━━━ Data for review ━━━
-- ===== src/Brain/Passing/Relax.antt =====
-- maintain.go of brainlocal: the second loop of `neuronCast`, over all groups of the neuron.
use rmodel.Blueprint.Neuron.{LinkSet}
use rmodel.Brain.{Brain, BrainLink, Groups, Pointer}
use rmodel.Brain.Cast.{relax_groups, relax_link, relax_links}
use rmodel.Brain.Ensures.{Returns, Returns-continue_with, Returns-mono, Safe-Returns}
use rmodel.Brain.Invariant.{IsBrain, Points, PointsAll}
use rmodel.Brain.Invariant.Casts.{relax_link-Safe}
use rmodel.Brain.Passing.{HasRoom, Passes, in_groups, points_to, relax_state}
use rmodel.Brain.Passing.Change.{Passes-ext, Passes-same, Passes-trans}
use rmodel.Brain.Passing.Links.{relax_link-Returns}
use rmodel.Brain.Passing.Select.{deref-Returns, fuse}
use rmodel.Brain.Step.{pure}
use rmodel.Core.{LinkState, link_init, link_ready, link_wait}
use rmodel.Shared.{
  All, Bool, Bool-cases, List, String, [], ap, arith, eq_cases, false, if◌then◌else◌, inl, inr,
  is_some, none, not, refl, some, sym, true, ℕ, ◌&&◌, ◌==◌, ◌||◌, ◌∙◌, ◌∷◌, ◌≡◌,
}
use rmodel.Shared.Maps.{lookup}

relax_state_idem : (a : Bool) (s : LinkState) → relax_state a (relax_state a s) ≡ relax_state a s
relax_state_idem true s = refl
relax_state_idem false link_init = refl
relax_state_idem false link_wait = refl
relax_state_idem false link_ready = refl

fuse_under :
    (f : LinkState → LinkState) (s : LinkState) (c d m : Bool)
    → f (f s) ≡ f s
    → (if d && m then f (if c && m then f s else s) else (if c && m then f s else s))
      ≡ (if (c || d) && m then f s else s)
fuse_under f s c d true e = ground (arith, fuse f s c d e)
fuse_under f s true true false e = refl
fuse_under f s true false false e = refl
fuse_under f s false true false e = refl
fuse_under f s false false false e = refl

kept_if_marked :
    (i k : String) (sel : LinkSet) (x y : LinkState)
    → is_some (lookup i sel) ≡ true
    → (if i == k && not (is_some (lookup k sel)) then x else y) ≡ y
kept_if_marked i k sel x y h = elim (eq_cases i k) [
  | inl (t, q) ↦ simp (t, sym (ap (λ j. is_some (lookup j sel)) q) ∙ h) refl
  | inr (t, q) ↦ simp (t) refl
]

changed_if_unmarked :
    (i k : String) (sel : LinkSet) (x y : LinkState)
    → is_some (lookup i sel) ≡ false
    → (if i == k then x else y) ≡ (if i == k && not (is_some (lookup k sel)) then x else y)
changed_if_unmarked i k sel x y h = elim (eq_cases i k) [
  | inl (t, q) ↦ simp (t, sym (ap (λ j. is_some (lookup j sel)) q) ∙ h) refl
  | inr (t, q) ↦ simp (t) refl
]

module _ {M : Type 0} (ids : String → Bool) where
  -- The change of a link that was not selected.
  abbrev pub Relaxed : Bool → LinkSet → (String → Bool) → ℕ → Brain M → Brain M → Type 0
  Relaxed a sel among n b b' =
      Passes (λ k s. if among k && not (is_some (lookup k sel)) then relax_state a s else s) n b b'
      × IsBrain ids b'

  relax_one-Returns :
      (a : Bool) (sel : LinkSet) (l : BrainLink) (n : ℕ) (b : Brain M)
      → IsBrain ids b
      → lookup l.id b.links ≡ some l
      → ids l.id ≡ true
      → HasRoom n b
      → Returns
          (λ _ b'. Relaxed a sel (λ k. l.id == k) n b b')
          ((if is_some (lookup l.id sel) then pure tt else relax_link a l) b)
  relax_one-Returns a sel l n b w t h r = elim (Bool-cases (is_some (lookup l.id sel))) [
    | inl e ↦
        simp (e) (Passes-same _ n b (λ k s. kept_if_marked l.id k sel (relax_state a s) s e) r, w)
    | inr e ↦ simp (e) (
        Safe-Returns (IsBrain ids) _ (relax_link a l b) (relax_link-Safe ids a l h b w) (
          Returns-mono _ _ (relax_link a l b) (relax_link-Returns ids a l n b t r) (λ _ b' v.
            Passes-ext _ _ n b b' v (λ k s. changed_if_unmarked l.id k sel (relax_state a s) s e))))
  ]

  relax_links-Returns :
      (a : Bool) (sel : LinkSet) (ps : List Pointer) (n : ℕ) (b : Brain M)
      → IsBrain ids b
      → All (Points ids) ps
      → HasRoom n b
      → Returns (λ _ b'. Relaxed a sel (λ k. points_to k ps) n b b') (relax_links a sel ps b)
  unfolding relax_links
  relax_links-Returns a sel [] n b w h r = (Passes-same _ n b (λ k s. refl) r, w)
  relax_links-Returns a sel (none ∷ ps) n b w h r = elim h.0 [ ]
  relax_links-Returns a sel (some id ∷ ps) n b w h r =
      deref-Returns ids (λ _ b'. Relaxed a sel (λ k. points_to k (some id ∷ ps)) n b b') id _ b w
        h.0
        (λ l t p.
          Returns-continue_with (λ _ b1. Relaxed a sel (λ k. l.id == k) n b b1)
            (λ _ b'. Relaxed a sel (λ k. points_to k (some id ∷ ps)) n b b')
            ((if is_some (lookup l.id sel) then pure tt else relax_link a l) b)
            (λ _. relax_links a sel ps) (relax_one-Returns a sel l n b w t (ap ids p ∙ h.0) r)
            (λ _ b1 (v, w1).
              Returns-mono (λ _ b2. Relaxed a sel (λ k. points_to k ps) n b1 b2)
                (λ _ b'. Relaxed a sel (λ k. points_to k (some id ∷ ps)) n b b')
                (relax_links a sel ps b1) (relax_links-Returns a sel ps n b1 w1 h.1 v.room)
                (λ _ b2 (v2, w2). (
                  Passes-trans _ _ _ n n b b1 b2 v v2 (λ k x.
                      fuse_under (relax_state a) x (l.id == k) (points_to k ps)
                        (not (is_some (lookup k sel))) (relax_state_idem a x)
                      ∙ ap
                          (λ j.
                            if (j == k || points_to k ps) && not (is_some (lookup k sel))
                            then relax_state a x
                            else x)
                          p),
                  w2,
                ))))

  pub relax_groups-Returns :
      (a : Bool) (sel : LinkSet) (groups : Groups) (n : ℕ) (b : Brain M)
      → IsBrain ids b
      → PointsAll ids groups
      → HasRoom n b
      → Returns
          (λ _ b'. Relaxed a sel (λ k. in_groups k groups) n b b')
          (relax_groups a sel groups b)
  unfolding relax_groups
  relax_groups-Returns a sel [] n b w h r = (Passes-same _ n b (λ k s. refl) r, w)
  relax_groups-Returns a sel ((name, ps) ∷ groups) n b w h r =
      Returns-continue_with (λ _ b1. Relaxed a sel (λ k. points_to k ps) n b b1)
        (λ _ b'. Relaxed a sel (λ k. in_groups k ((name, ps) ∷ groups)) n b b')
        (relax_links a sel ps b) (λ _. relax_groups a sel groups)
        (relax_links-Returns a sel ps n b w h.0 r)
        (λ _ b1 (v, w1).
          Returns-mono (λ _ b2. Relaxed a sel (λ k. in_groups k groups) n b1 b2)
            (λ _ b'. Relaxed a sel (λ k. in_groups k ((name, ps) ∷ groups)) n b b')
            (relax_groups a sel groups b1) (relax_groups-Returns a sel groups n b1 w1 h.1 v.room)
            (λ _ b2 (v2, w2). (
              Passes-trans _ _ _ n n b b1 b2 v v2 (λ k x.
                  fuse_under (relax_state a) x (points_to k ps) (in_groups k groups)
                    (not (is_some (lookup k sel))) (relax_state_idem a x)),
              w2,
            )))
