-- ===== src/Brain/Passing/Whole.antt =====
-- maintain.go of brainlocal: what a whole call of `neuronCast` does.
use rmodel.Brain.{Brain, BrainNeuron, Memory}
use rmodel.Brain.Cast.{
  cast_selected, is_inactive, neuron_cast, pointers_of, relax_groups, selected_group,
}
use rmodel.Brain.Ensures.{Returns, Returns-continue_with, Returns-mono}
use rmodel.Brain.Invariant.{IsBrain, PointsAll}
use rmodel.Brain.Invariant.Casts.{pointers_of-Safe}
use rmodel.Brain.Passing.{HasRoom, Passes, cast_state, in_groups, points_to, relax_state}
use rmodel.Brain.Passing.Change.{Passes-trans}
use rmodel.Brain.Passing.Relax.{Relaxed, relax_groups-Returns}
use rmodel.Brain.Passing.Select.{Selected, cast_selected-Returns}
use rmodel.Core.{LinkState}
use rmodel.Shared.{
  Bool, String, [], arith, false, if◌then◌else◌, is_some, length, not, refl, true, ◌&&◌, ◌||◌, ◌≡◌,
}
use rmodel.Shared.Maps.{lookup}

-- The state of a link after the cast, by whether it is in the selected group and in some group.
abbrev pub passed_on : Bool → Bool → Bool → LinkState → LinkState
passed_on a selected member state =
    if selected then cast_state a state else if member then relax_state a state else state

both_loops :
    (a c d m : Bool) (x : LinkState)
    → c ≡ (d || false)
    → (if m && not c
        then relax_state a (if d then cast_state a x else x)
        else (if d then cast_state a x else x))
      ≡ passed_on a d m x
both_loops a true true true x e = refl
both_loops a true true false x e = refl
both_loops a false false true x e = refl
both_loops a false false false x e = refl
both_loops a true false m x e = cc e
both_loops a false true m x e = cc e

-- In a brain that is awake and well formed, a cast of an inactive neuron, or one that is forced, from
-- a neuron whose groups point to links of the brain, returns if the channel of the maintainer has
-- a free place for each link of the selected group. Each link of that group is then ready, unless
-- the cast is not forced and the link was not waiting; each other link of the neuron is waiting
-- again if the cast is forced, and else leaves the waiting state for the initial one; all other
-- links, the neurons and the state of the brain stay. The channel keeps its news of ready links,
-- and has the news of each link that the cast made ready.
pub neuron_cast_lem :
    {M : Type 0} ⦃mem : Memory M⦄ (ids : String → Bool) (n : BrainNeuron) (a : Bool) (b : Brain M)
    → IsBrain ids b
    → PointsAll ids n.cast_groups
    → (not a && not (is_inactive n.state)) ≡ false
    → HasRoom (length (pointers_of (lookup (selected_group n b) n.cast_groups))) b
    → Returns
        (λ _ b'.
          Passes
            (λ k.
              passed_on a
                (points_to k (pointers_of (lookup (selected_group n b) n.cast_groups)))
                (in_groups k n.cast_groups))
            0
            b
            b')
        (neuron_cast n a b)
unfolding neuron_cast lookup
neuron_cast_lem ids n a b w h guard (q, e, r) =
    let ps = pointers_of (lookup (selected_group n b) n.cast_groups) in
    simp (neuron_cast, guard)
      (Returns-continue_with (Selected ids a ps [] 0 b)
        (λ _ b'. Passes (λ k. passed_on a (points_to k ps) (in_groups k n.cast_groups)) 0 b b')
        (cast_selected a n.id ps [] b) (λ sel. relax_groups a sel n.cast_groups)
        (cast_selected-Returns ids a n.id ps [] 0 b w
          (pointers_of-Safe ids (selected_group n b) n.cast_groups h) (q, e, omega (arith, r)))
        (λ sel b1 (v, w1, m).
          Returns-mono (λ _ b2. Relaxed ids a sel (λ k. in_groups k n.cast_groups) 0 b1 b2)
            (λ _ b'. Passes (λ k. passed_on a (points_to k ps) (in_groups k n.cast_groups)) 0 b b')
            (relax_groups a sel n.cast_groups b1)
            (relax_groups-Returns ids a sel n.cast_groups 0 b1 w1 h v.room)
            (λ _ b2 (v2, w2). Passes-trans _ _ _ 0 0 b b1 b2 v v2 (λ k x.
              both_loops a (is_some (lookup k sel)) (points_to k ps) (in_groups k n.cast_groups) x
                (m k)))))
━━━
• [What the task asks]: An exact restatement of the lines from the one with "(pointers_of-Safe ids (selected_group" through the last line of the data is the only acceptable answer.

• [Exercise answer]:
          (pointers_of-Safe ids (selected_group n b) n.cast_groups h) (q, e, omega (arith, r)))
        (λ sel b1 (v, w1, m).
          Returns-mono (λ _ b2. Relaxed ids a sel (λ k. in_groups k n.cast_groups) 0 b1 b2)
            (λ _ b'. Passes (λ k. passed_on a (points_to k ps) (in_groups k n.cast_groups)) 0 b b')
            (relax_groups a sel n.cast_groups b1)
            (relax_groups-Returns ids a sel n.cast_groups 0 b1 w1 h v.room)
            (λ _ b2 (v2, w2). Passes-trans _ _ _ 0 0 b b1 b2 v v2 (λ k x.
              both_loops a (is_some (lookup k sel)) (points_to k ps) (in_groups k n.cast_groups) x
                (m k)))))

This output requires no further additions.